Pembahasan tersebut juga menindaklanjuti informasi yang dikeluarkan Badan Pusat Statistik (BPS) bahwa kenaikan harga ikan dalam dua bulan terakhir turut memicu naiknya inflasi di Kota Ambon dan Kota Tual, Provinsi Maluku.

Ros Far Far mengakui tingginya harga ikan juga karena cuaca buruk dan kurang bersahabat sehingga nelayan tidak bisa melaut dan hasil tangkapan yang biasanya dijual ke pasar tradisional menjadi berkurang.

“Karena itu kami akan bekerja sama dengan para pengusaha perikanan sekaligus mengimbau mereka untuk menyimpan 10 persen hasil tangkapan yang biasanya untuk memenuhi kebutuhan ekspor, dan dapat disuplai ke pasar saat ikan berkurang dan harganya naik,” katanya.

Langkah itu, katanya, berdampak terjaminnya pasokan ikan di pasar lokal dan mencukupi kebutuhan dan konsumsi masyarakat sehingga harganya stabil.

Dia mengatakan tingkat konsumsi ikan masyarakat di Maluku yang terus meningkat setiap tahun, perlu didukung dengan pasokan yang terjamin di pasar tradisional, sehingga harganya tetap stabil.

Tim Ekonomi pemprov Maluku, kata Ros Far Far telah mengundang para pengusaha perikanan yang beroperasi di provinsi untuk membicarakan masalah tersebut, sekaligus meminta kesediaan mereka untuk menyimpan dan menyuplai 10 persen hasil tangkapan di pasaran tradisional.

Khusus menyangkut pasokan beras di pasaran, Tim tersebut telah menginstruksikan Bulog Divisi Regional (Divre) Maluku untuk melakukan operasi pasar, serta melakukan pengawasan di lapangan dan jika menemukan pedagang nakal melakukan penimbunan, segera ditindak berdasarkan aturan dan ketentuan yang berlaku.

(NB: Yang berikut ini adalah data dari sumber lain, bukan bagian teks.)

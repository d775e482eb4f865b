-- ===== src/Cloud/Backend.antt =====
-- doover/src/api/data.rs: the `ChannelBackend` of a `DataClient`, through which the tags of a processor are
-- written, and `ping_connection_at`.
use doover_rs.Base.{ℕ, String, true, Option, none, some, unwrap_or}
use doover_rs.Errors.{DooverError, not_found, Result, ok, err}
use doover_rs.Json.{Value, null, string, number, object, end, entry, at}
use doover_rs.Processor.Payloads.{Readings, id_or_zero}
use doover_rs.Cloud.{AggregateOptions, UpdateMessageOptions, DataClient, Sent, Server, then_result}
use doover_rs.Cloud.Calls.{
  fetch_channel_aggregate_raw, update_channel_aggregate_http, create_message_http,
  update_message_http, write_connection,
}

pub data ConnectionDetermination : Type 0 where
  online offline : ConnectionDetermination

abbrev pub determination_text : ConnectionDetermination → String
determination_text online = "Online"
determination_text offline = "Offline"

pub data ConnectionStatus : Type 0 where
  continuous_online continuous_online_no_ping continuous_offline : ConnectionStatus
  continuous_pending periodic_unknown unknown : ConnectionStatus

abbrev pub status_text : ConnectionStatus → String
status_text continuous_online = "ContinuousOnline"
status_text continuous_online_no_ping = "ContinuousOnlineNoPing"
status_text continuous_offline = "ContinuousOffline"
status_text continuous_pending = "ContinuousPending"
status_text periodic_unknown = "PeriodicUnknown"
status_text unknown = "Unknown"

pub record PingConnectionArgs : Type 0 where
  pub online_at_ms : ℕ
  pub connection_status : ConnectionStatus
  pub determination : ConnectionDetermination
  pub ping_at_ms : Option ℕ
  pub user_agent : Option String
  pub ip_address : Option String
  pub agent_id : Option ℕ

abbrev pub done : {A : Type 0} → A → Result DooverError (Unit {0})
done _ = ok tt

module _ {N : Type 0} where
  -- A channel that is not there has no data.
  abbrev pub absent_data : Result DooverError (Value N) → Result DooverError (Option (Value N))
  absent_data (ok payload) = ok (at payload "data")
  absent_data (err (not_found _)) = ok none
  absent_data (err e) = err e

  abbrev pub opt_text : Option String → Value N
  opt_text none = null
  opt_text (some s) = string s

  module _ (server : Server N) (𝓝 : Readings N) (c : DataClient) where
    unfoldable pub fetch_channel_data : String → Sent N (Option (Value N))
    unfolding fetch_channel_aggregate_raw
    fetch_channel_data channel =
        let s = fetch_channel_aggregate_raw server c channel none in
        record { requests = s.requests; waits = s.waits; result = absent_data s.result }

    unfoldable pub update_channel_aggregate :
        String → Value N → AggregateOptions → Sent N (Unit {0})
    unfolding update_channel_aggregate_http
    update_channel_aggregate channel v opts =
        then_result
          (update_channel_aggregate_http server c channel v
            (record opts { suppress_response = true }) none)
          done

    unfoldable pub create_message : String → Value N → Sent N ℕ
    unfolding create_message_http
    create_message channel v =
        then_result (create_message_http server 𝓝 c channel v none none)
          (λ created. ok (id_or_zero 𝓝 created "id"))

    unfoldable pub update_message : String → ℕ → Value N → UpdateMessageOptions → Sent N (Unit {0})
    unfolding update_message_http
    update_message channel message_id v opts =
        then_result (update_message_http server c channel message_id v opts none) done

    abbrev pub ping_payload : ℕ → PingConnectionArgs → Value N
    ping_payload now args = object (
        entry "status"
          (object (
            entry "status" (string (status_text args.connection_status)) (
              entry "last_online" (number (𝓝.of_u64 args.online_at_ms)) (
                entry "last_ping" (number (𝓝.of_u64 (unwrap_or args.ping_at_ms now))) (
                  entry "user_agent" (string (unwrap_or args.user_agent "doover-rs-processor"))
                    (entry "ip" (opt_text args.ip_address) end))))))
          (entry "determination" (string (determination_text args.determination)) end))

    unfoldable pub ping_connection_at : ℕ → PingConnectionArgs → Sent N (Unit {0})
    unfolding write_connection
    ping_connection_at now args =
        then_result (write_connection server 𝓝 c (ping_payload now args) args.agent_id) done
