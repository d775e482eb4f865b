-- ===== src/Cloud/Guard.antt =====
-- doover/src/api/data.rs, `_check_invoking_channel`: what a processor may write to the channel that
-- triggered it.
use doover_rs.Base.{
  ℕ, ◌≡◌, ◌≢◌, refl, String, true, false, Option, none, some, [], Bool-cases, ◌⊎◌, inl, inr, arith,
  str_eq, eq_iff,
}
use doover_rs.Errors.{DooverError, Result, ok, err}
use doover_rs.Json.{Value, Map, object, end, entry, get}
use doover_rs.Processor.Payloads.{Readings}
use doover_rs.Cloud.{Server, DataClient, Sent, AggregateOptions, given}
use doover_rs.Cloud.Calls.{
  check_invoking_channel, has_other_key, outside_scope, is_channel, create_message_http,
  update_channel_aggregate_http,
}

module _ {N : Type 0} where
  -- No key but the app's.
  get-has_other_key :
      (app_key : String) (m : Map N) (k : String)
      → has_other_key (some app_key) m ≡ false
      → str_eq k app_key ≡ false
      → get k m ≡ none
  unfolding has_other_key get
  get-has_other_key app_key end k h d = refl
  get-has_other_key app_key (entry j v m) k h d = elim (Bool-cases (str_eq j app_key)) [
    | inl e ↦
        let rest : has_other_key (some app_key) m ≡ false = rw (e) at h in
        ground (
          arith,
          e,
          d,
          eq_iff j k,
          eq_iff j app_key,
          eq_iff k app_key,
          get-has_other_key app_key m k rest d,
        )
    | inr e ↦ absurd (let wrong : true ≡ false = rw (e) at h in cc)
  ]

  -- A value that a write of the app may put on the channel that triggered it.
  abbrev pub IsOwn : String → Value N → Type 0
  IsOwn app_key v =
      (m : Map N) (k : String) → v ≡ object m → str_eq k app_key ≡ false → get k m ≡ none

  outside_scope-IsOwn :
      (app_key : String) (v : Value N) → outside_scope (some app_key) v ≡ false → IsOwn app_key v
  outside_scope-IsOwn app_key v h m k e d =
      get-has_other_key app_key m k (let h' = rw (e) at h in h') d

  check-IsOwn :
      (c : DataClient) (channel app_key : String) (v : Value N)
      → is_channel c.invoking_channel channel ≡ true
      → c.app_key ≡ some app_key
      → check_invoking_channel c channel v ≡ ok tt
      → (str_eq channel "tag_values" ≡ true) × IsOwn app_key v
  unfolding check_invoking_channel
  check-IsOwn c channel app_key v i a h = elim (Bool-cases (str_eq channel "tag_values")) [
    | inl t ↦ elim (Bool-cases (outside_scope c.app_key v)) [
      | inl o ↦ absurd (let wrong = rw (i, t, o) at h in cc)
      | inr o ↦ (t, outside_scope-IsOwn app_key v (rw (a) at o))
    ]
    | inr t ↦ absurd (let wrong = rw (i, t) at h in cc)
  ]

  -- What needs a value first and has sent something has had the value.
  given-ok :
      {A B : Type 0} (r : Result DooverError A) (f : A → Sent N B)
      → (given r f).requests ≢ []
      → (a : A) × (r ≡ ok a)
  given-ok (ok a) f h = (a, refl)
  given-ok (err e) f h = absurd (h refl)

  -- On a client that has the app's key and handles an event of a channel, a write to that channel, as a message or of
  -- the aggregate, sends a request only if the channel is `tag_values` and the value, if it is an object,
  -- has no key but the app's.
  pub guarded_write :
      (server : Server N) (𝓝 : Readings N) (c : DataClient) (channel app_key : String) (v : Value N)
      (timestamp agent : Option ℕ) (opts : AggregateOptions)
      → is_channel c.invoking_channel channel ≡ true
      → c.app_key ≡ some app_key
      → ((create_message_http server 𝓝 c channel v timestamp agent).requests ≢ [])
        ⊎ ((update_channel_aggregate_http server c channel v opts agent).requests ≢ [])
      → (str_eq channel "tag_values" ≡ true) × IsOwn app_key v
  unfolding create_message_http update_channel_aggregate_http
  guarded_write server 𝓝 c channel app_key v timestamp agent opts i a (inl h) =
      check-IsOwn c channel app_key v i a (given-ok (check_invoking_channel c channel v) _ h).1
  guarded_write server 𝓝 c channel app_key v timestamp agent opts i a (inr h) =
      check-IsOwn c channel app_key v i a (given-ok (check_invoking_channel c channel v) _ h).1
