-- ===== src/Diff.antt =====
-- doover/src/utils/diff.rs: the diff and merge engine.
-- A recursion of the source on a nested object is a recursion on the entries of the diff (of the
-- new value, in `generate_diff`), since a diff that is no object replaces the data.
pub mod Pointwise
pub mod Generated
pub mod RoundTrip
pub mod Equality
pub mod Keys
use doover_rs.Base.{
  ℕ, suc, String, Bool, true, false, not, ◌&&◌, Option, none, some, str_eq, ◌==◌, is_some,
  unwrap_or, if◌then◌else◌,
}
use doover_rs.Base.Int.{ℤ, pos, int_eq}
use doover_rs.Json.{
  Value, Values, Map, null, bool, number, string, array, object, nil, cons, end, entry, get, insert,
  remove, is_empty,
}

module _ {N : Type 0} where
  -- A nested diff is merged into an object, and replaces anything else.
  abbrev pub merge_into : (Map N → Map N) → Map N → Value N → Value N
  merge_into f fs (object m) = object (f m)
  merge_into f fs _ = object fs

  -- The loop over the entries of the diff.
  unfoldable pub apply_entries : Map N → Map N → Bool → Map N
  apply_entries m end do_delete = m
  apply_entries m (entry k (object gs) fs) do_delete =
      apply_entries
        (insert k
          (merge_into (λ c. apply_entries c gs do_delete) gs (unwrap_or (get k m) (object end))) m)
        fs do_delete
  apply_entries m (entry k null fs) do_delete =
      apply_entries (if do_delete then remove k m else insert k null m) fs do_delete
  apply_entries m (entry k v fs) do_delete = apply_entries (insert k v m) fs do_delete

  -- `apply_diff`, and `apply_diff_in_place` with the new value of `data` as its result.
  unfoldable pub apply_diff : Value N → Value N → Bool → Value N
  apply_diff old (object fs) do_delete = merge_into (λ c. apply_entries c fs do_delete) fs old
  apply_diff old diff do_delete = diff

-- The numbers of JSON and the floats of the machine: `serde_json::Number` by its accessors, `f64`
-- by the operations that the program uses.
pub record Numbers : Type 1 where
  pub Number : Type 0
  pub F64 : Type 0
  pub as_i64 : Number → Option ℤ
  pub as_u64 : Number → Option ℕ
  pub as_f64 : Number → Option F64
  pub f64_eq : F64 → F64 → Bool
  pub of_int : ℤ → F64

-- A number viewed the way Python would.
pub data PyNum (F : Type 0) : Type 0 where
  int : ℤ → PyNum F
  float : F → PyNum F

module _ (𝓝 : Numbers) where
  open 𝓝 use {Number, F64, as_i64, as_u64, as_f64, f64_eq, of_int}

  unfoldable pub numeric_value : Value Number → Option (PyNum F64)
  numeric_value (bool b) = some (int (pos (if b then 1 else 0)))
  numeric_value (number n) = elim (as_i64 n) [
    | some i ↦ some (int i)
    | none ↦ elim (as_u64 n) [
      | some u ↦ some (int (pos u))
      | none ↦ elim (as_f64 n) [ some f ↦ some (float f) | none ↦ none ]
    ]
  ]
  numeric_value _ = none

  unfoldable pub numbers_eq : PyNum F64 → PyNum F64 → Bool
  numbers_eq (int x) (int y) = int_eq x y
  numbers_eq (float x) (float y) = f64_eq x y
  numbers_eq (int x) (float y) = f64_eq (of_int x) y
  numbers_eq (float y) (int x) = f64_eq (of_int x) y

  abbrev both_numeric : Option (PyNum F64) → Option (PyNum F64) → Bool
  both_numeric (some x) (some y) = numbers_eq x y
  both_numeric _ _ = false

  abbrev len : Values Number → ℕ
  len nil = 0
  len (cons x xs) = suc (len xs)

  abbrev size : Map Number → ℕ
  size end = 0
  size (entry k v m) = suc (size m)

  unfoldable mutual
    unfolding numeric_value numbers_eq

    -- JSON value equality with Python semantics.
    pub python_json_eq : Value Number → Value Number → Bool
    python_json_eq null null = true
    python_json_eq (string x) (string y) = str_eq x y
    python_json_eq (array x) (array y) = (len x == len y) && zip_eq x y
    python_json_eq (object x) (object y) = (size x == size y) && entries_eq x y
    python_json_eq a b = both_numeric (numeric_value a) (numeric_value b)

    -- `x.iter().zip(y).all(…)`
    pub zip_eq : Values Number → Values Number → Bool
    zip_eq nil ys = true
    zip_eq (cons x xs) nil = true
    zip_eq (cons x xs) (cons y ys) = python_json_eq x y && zip_eq xs ys

    -- `x.iter().all(…)`
    pub entries_eq : Map Number → Map Number → Bool
    entries_eq end y = true
    entries_eq (entry k v m) y =
        elim (get k y) [ none ↦ false | some w ↦ python_json_eq v w ] && entries_eq m y

  -- `old_map.get(k).is_none_or(|ov| !python_json_eq(ov, v))`
  abbrev pub is_changed : Option (Value Number) → Value Number → Bool
  is_changed none v = true
  is_changed (some ov) v = not (python_json_eq ov v)

  -- A diff between objects, or the new object where the old value is none.
  abbrev pub diff_from : (Map Number → Map Number) → Map Number → Value Number → Map Number
  diff_from f new (object old) = f old
  diff_from f new _ = new

  -- The loop over the removed keys.
  unfoldable pub mark_removed : Map Number → Map Number → Map Number → Map Number
  mark_removed end new diff = diff
  mark_removed (entry k v old) new diff =
      mark_removed old new (if is_some (get k new) then diff else insert k null diff)

  abbrev pub with_removed : Bool → Map Number → Map Number → Map Number → Map Number
  with_removed do_delete old new diff = if do_delete then mark_removed old new diff else diff

  -- The loop over the entries of the new object.
  unfoldable pub diff_entries : Map Number → Map Number → Bool → Map Number → Map Number
  diff_entries old end do_delete diff = diff
  diff_entries old (entry k (object m) rest) do_delete diff =
      let d =
        diff_from (λ o. with_removed do_delete o m (diff_entries o m do_delete end)) m
          (unwrap_or (get k old) (object end)) in
      diff_entries old rest do_delete (if is_empty d then diff else insert k (object d) diff)
  diff_entries old (entry k v rest) do_delete diff =
      diff_entries old rest do_delete (if is_changed (get k old) v then insert k v diff else diff)

  unfoldable pub generate_diff : Value Number → Value Number → Bool → Value Number
  generate_diff old (object m) do_delete =
      object (diff_from (λ o. with_removed do_delete o m (diff_entries o m do_delete end)) m old)
  generate_diff old new do_delete = new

Sedangkan langkah antisipasi kenaikan harga sayur, pihaknya mendorong dibentuknya asosiasi petani sebagai salah satu lembaga penjamin dan penampung jika panen sayur melimpah.

“Lembaga ini akan menampung dan membeli hasil panen petani yang melimpah dan sewaktu-waktu dilepas ke pasaran untuk mengantisipasi pasokan yang berkurang. Selain itu petani tidak lagi menjualnya kepada tengkulak,” katanya.

Sebelumnya BPS Maluku mencatat cuaca buruk yang terjadi selama Desember 2014 hingga Januari 2015 berdampak hasil tangkapan ikan berkurang dan memicu harganya di sejumlah pasar tradisional meningkat dan menyumbangkan inflasi 0,08 persen pada bulan Januari 2015.

BPS mencatat kenaikan harga ikan segar dipicu cuaca buruk yang mengakibatkan ombak besar dan nelayan takut melaut. Kenaikan harga ikan segar terjadi hampir merata di seluruh Indonesia.

Kenaikan harga ikan segar malah paling dirasakan di Indonesia Timur. Tercatat inflasi Kota Ambon sebesar 2,37 persen terutama disebabkan harga ikan segar rata-rata naik 33 persen.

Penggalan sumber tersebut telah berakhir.